____ RECORDS PROVIDED
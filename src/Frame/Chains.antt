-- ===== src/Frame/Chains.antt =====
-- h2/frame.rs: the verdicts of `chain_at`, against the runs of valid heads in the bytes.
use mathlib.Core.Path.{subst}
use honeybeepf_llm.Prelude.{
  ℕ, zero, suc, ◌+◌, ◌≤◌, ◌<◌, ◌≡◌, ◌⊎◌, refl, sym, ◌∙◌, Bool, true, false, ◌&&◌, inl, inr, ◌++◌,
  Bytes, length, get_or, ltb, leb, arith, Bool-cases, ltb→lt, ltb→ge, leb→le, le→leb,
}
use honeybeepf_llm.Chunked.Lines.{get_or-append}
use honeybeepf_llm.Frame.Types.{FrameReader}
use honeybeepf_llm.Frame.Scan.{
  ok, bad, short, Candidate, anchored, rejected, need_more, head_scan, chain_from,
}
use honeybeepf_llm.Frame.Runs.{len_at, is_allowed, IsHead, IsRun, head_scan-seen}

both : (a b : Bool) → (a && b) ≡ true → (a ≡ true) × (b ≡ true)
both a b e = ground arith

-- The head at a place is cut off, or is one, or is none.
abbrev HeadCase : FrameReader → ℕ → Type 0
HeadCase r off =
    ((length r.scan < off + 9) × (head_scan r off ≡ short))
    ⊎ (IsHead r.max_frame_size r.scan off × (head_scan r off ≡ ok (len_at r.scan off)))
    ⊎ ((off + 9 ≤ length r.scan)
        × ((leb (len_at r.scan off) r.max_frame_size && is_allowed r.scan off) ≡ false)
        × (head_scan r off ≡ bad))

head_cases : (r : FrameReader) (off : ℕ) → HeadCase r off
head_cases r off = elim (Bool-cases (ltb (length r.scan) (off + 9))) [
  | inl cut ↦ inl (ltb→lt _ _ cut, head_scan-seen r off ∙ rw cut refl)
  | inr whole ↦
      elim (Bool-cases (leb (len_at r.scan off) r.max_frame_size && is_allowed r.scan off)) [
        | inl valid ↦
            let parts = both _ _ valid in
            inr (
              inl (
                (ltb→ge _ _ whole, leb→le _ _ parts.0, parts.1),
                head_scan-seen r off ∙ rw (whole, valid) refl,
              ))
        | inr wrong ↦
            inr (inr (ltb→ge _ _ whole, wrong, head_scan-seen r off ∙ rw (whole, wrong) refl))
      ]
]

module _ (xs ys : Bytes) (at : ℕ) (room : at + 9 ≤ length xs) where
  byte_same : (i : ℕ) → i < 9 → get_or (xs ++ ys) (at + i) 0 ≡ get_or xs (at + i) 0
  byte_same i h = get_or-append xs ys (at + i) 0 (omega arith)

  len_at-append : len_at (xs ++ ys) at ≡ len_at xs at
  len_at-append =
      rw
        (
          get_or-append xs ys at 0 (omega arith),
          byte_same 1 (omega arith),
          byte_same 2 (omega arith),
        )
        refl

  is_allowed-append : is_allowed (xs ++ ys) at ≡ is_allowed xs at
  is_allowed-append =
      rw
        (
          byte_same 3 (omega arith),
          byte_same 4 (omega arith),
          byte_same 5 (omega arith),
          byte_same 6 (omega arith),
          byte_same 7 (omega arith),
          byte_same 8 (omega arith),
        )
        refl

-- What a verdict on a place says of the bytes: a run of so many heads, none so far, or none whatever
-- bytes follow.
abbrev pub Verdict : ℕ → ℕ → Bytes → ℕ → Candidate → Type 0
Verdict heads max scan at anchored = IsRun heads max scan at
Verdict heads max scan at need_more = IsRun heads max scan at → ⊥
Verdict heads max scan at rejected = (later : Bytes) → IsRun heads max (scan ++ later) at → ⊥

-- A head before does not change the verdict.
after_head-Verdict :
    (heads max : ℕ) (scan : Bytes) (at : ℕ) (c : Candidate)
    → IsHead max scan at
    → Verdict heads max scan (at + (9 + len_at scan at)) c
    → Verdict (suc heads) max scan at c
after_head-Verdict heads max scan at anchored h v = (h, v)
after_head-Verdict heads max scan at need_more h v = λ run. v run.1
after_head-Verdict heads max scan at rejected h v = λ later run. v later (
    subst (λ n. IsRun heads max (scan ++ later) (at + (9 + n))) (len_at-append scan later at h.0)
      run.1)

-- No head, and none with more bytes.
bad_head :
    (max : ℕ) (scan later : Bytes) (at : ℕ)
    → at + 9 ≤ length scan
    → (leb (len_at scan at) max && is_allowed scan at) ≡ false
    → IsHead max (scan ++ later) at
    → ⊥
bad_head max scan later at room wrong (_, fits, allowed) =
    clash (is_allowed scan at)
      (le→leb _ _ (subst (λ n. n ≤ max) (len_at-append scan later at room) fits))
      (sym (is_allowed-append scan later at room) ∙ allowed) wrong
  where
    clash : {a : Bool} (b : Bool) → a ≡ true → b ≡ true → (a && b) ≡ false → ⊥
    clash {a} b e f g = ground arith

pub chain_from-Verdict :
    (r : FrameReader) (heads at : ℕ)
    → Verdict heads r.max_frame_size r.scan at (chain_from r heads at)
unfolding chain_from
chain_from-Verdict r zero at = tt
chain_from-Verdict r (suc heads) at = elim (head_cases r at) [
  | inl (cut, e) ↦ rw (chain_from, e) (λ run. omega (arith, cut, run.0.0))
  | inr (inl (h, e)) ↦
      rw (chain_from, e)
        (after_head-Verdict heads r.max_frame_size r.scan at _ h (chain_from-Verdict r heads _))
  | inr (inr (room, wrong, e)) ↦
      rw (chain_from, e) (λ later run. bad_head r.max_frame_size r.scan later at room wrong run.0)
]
________
EXERCISE:
Take from the material above the lines running from the one with "(len_at r.scan off)))" through the one with "-- A head before does not change the verdict.", and repeat them exactly, with nothing else.

ANSWER TO THE PROBLEM:
    ⊎ (IsHead r.max_frame_size r.scan off × (head_scan r off ≡ ok (len_at r.scan off)))
    ⊎ ((off + 9 ≤ length r.scan)
        × ((leb (len_at r.scan off) r.max_frame_size && is_allowed r.scan off) ≡ false)
        × (head_scan r off ≡ bad))

head_cases : (r : FrameReader) (off : ℕ) → HeadCase r off
head_cases r off = elim (Bool-cases (ltb (length r.scan) (off + 9))) [
  | inl cut ↦ inl (ltb→lt _ _ cut, head_scan-seen r off ∙ rw cut refl)
  | inr whole ↦
      elim (Bool-cases (leb (len_at r.scan off) r.max_frame_size && is_allowed r.scan off)) [
        | inl valid ↦
            let parts = both _ _ valid in
            inr (
              inl (
                (ltb→ge _ _ whole, leb→le _ _ parts.0, parts.1),
                head_scan-seen r off ∙ rw (whole, valid) refl,
              ))
        | inr wrong ↦
            inr (inr (ltb→ge _ _ whole, wrong, head_scan-seen r off ∙ rw (whole, wrong) refl))
      ]
]

module _ (xs ys : Bytes) (at : ℕ) (room : at + 9 ≤ length xs) where
  byte_same : (i : ℕ) → i < 9 → get_or (xs ++ ys) (at + i) 0 ≡ get_or xs (at + i) 0
  byte_same i h = get_or-append xs ys (at + i) 0 (omega arith)

  len_at-append : len_at (xs ++ ys) at ≡ len_at xs at
  len_at-append =
      rw
        (
          get_or-append xs ys at 0 (omega arith),
          byte_same 1 (omega arith),
          byte_same 2 (omega arith),
        )
        refl

  is_allowed-append : is_allowed (xs ++ ys) at ≡ is_allowed xs at
  is_allowed-append =
      rw
        (
          byte_same 3 (omega arith),
          byte_same 4 (omega arith),
          byte_same 5 (omega arith),
          byte_same 6 (omega arith),
          byte_same 7 (omega arith),
          byte_same 8 (omega arith),
        )
        refl

-- What a verdict on a place says of the bytes: a run of so many heads, none so far, or none whatever
-- bytes follow.
abbrev pub Verdict : ℕ → ℕ → Bytes → ℕ → Candidate → Type 0
Verdict heads max scan at anchored = IsRun heads max scan at
Verdict heads max scan at need_more = IsRun heads max scan at → ⊥
Verdict heads max scan at rejected = (later : Bytes) → IsRun heads max (scan ++ later) at → ⊥

-- A head before does not change the verdict.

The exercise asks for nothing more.